In 1850 Surveyor, Hugh Roland Labatt arrived in Maryborough with instructions to "examine the River Mary...to suggest ...the best site or sites for the laying out of the town, having regard to the convenience of shipping on one hand and internal communication on the other...also...point out the spots desirable as reserves for public building, church, quay and for places for public recreation."
Following close on the first discoveries of gold in 1867, the Bank of New South Wales established a branch in a portion of the Customs House Hotel at the corner of Wharf and Richmond Streets on 8 September 1868.
[1] The Bank of New South Wales remained in this temporary accommodation during the construction of their first purpose-built branch being a single storeyed building another of the corners of Richmond and Wharf Streets.

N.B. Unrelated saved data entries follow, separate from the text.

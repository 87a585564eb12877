-- ===== src/Config/Tier.antt =====
-- `tierEnumMapping` and `isValidLicenseTier` of pkg/tasconfigmanager/setup.go.
use test_at_scale.Prelude.{ℕ, ◌≤◌, String, ◌⧺◌, ◌≡◌, ◌↔◌, arith, ltb, str_eq, if◌then◌else◌}
use test_at_scale.Errs.{Result, ok, error, refuse_if}
use test_at_scale.Models.{xsmall, small, medium, large, xlarge}

-- A Go map gives 0 for a tier that it does not hold: `internal`, the empty text and all others.
unfoldable pub tier_rank : String → ℕ
tier_rank tier =
    if str_eq tier xsmall
    then 1
    else if str_eq tier small
    then 2
    else if str_eq tier medium
    then 3
    else if str_eq tier large
    then 4
    else if str_eq tier xlarge
    then 5
    else 0

unfoldable pub is_valid_license_tier : String → String → Result (Unit {0})
is_valid_license_tier yaml_tier license_tier =
    refuse_if (ltb (tier_rank license_tier) (tier_rank yaml_tier)) (
      error (
        "Sorry, the requested tier `" ⧺ yaml_tier
        ⧺ "` is not supported under the current plan. Please upgrade your plan."))

pub is_valid_license_tier-ok :
    (yaml_tier license_tier : String)
    → (is_valid_license_tier yaml_tier license_tier ≡ ok tt)
      ↔ (tier_rank yaml_tier ≤ tier_rank license_tier)
unfolding is_valid_license_tier
is_valid_license_tier-ok yaml_tier license_tier = ground arith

[1] As Maryborough expanded rapidly in the late 1860s and 1870s, a new, larger and more impressive branch of the Bank of New South Wales was planned in 1877.
Tenders were called for this two storeyed rendered brick building on 26 January 1877 by bank manager, George Ranken.
The building is surrounded on three sides by a double-storeyed verandah, with hipped curved awnings supported on cast iron columns on the first floor.
The faces of the building are divided into vertical bays by shallow pilasters between which there are square headed arched window openings.
[1] Internally the building is arranged from a narrow hallway accessed from one of the principal entrances at the south-western end of the Richmond Street elevation, in which a timber stair runs to the first floor.
In the original banking chamber in the eastern corner of the building, which has its own entrance centrally located on the Richmond Street elevation and features elaborate plaster cornice and ceiling rose.
The building is part of an important area, formerly the financial and judicial heart of Maryborough adjacent to the early port facilities.
Although the functions have changed over the years, the building has retained an important public role and is now the focus of historical research of the area.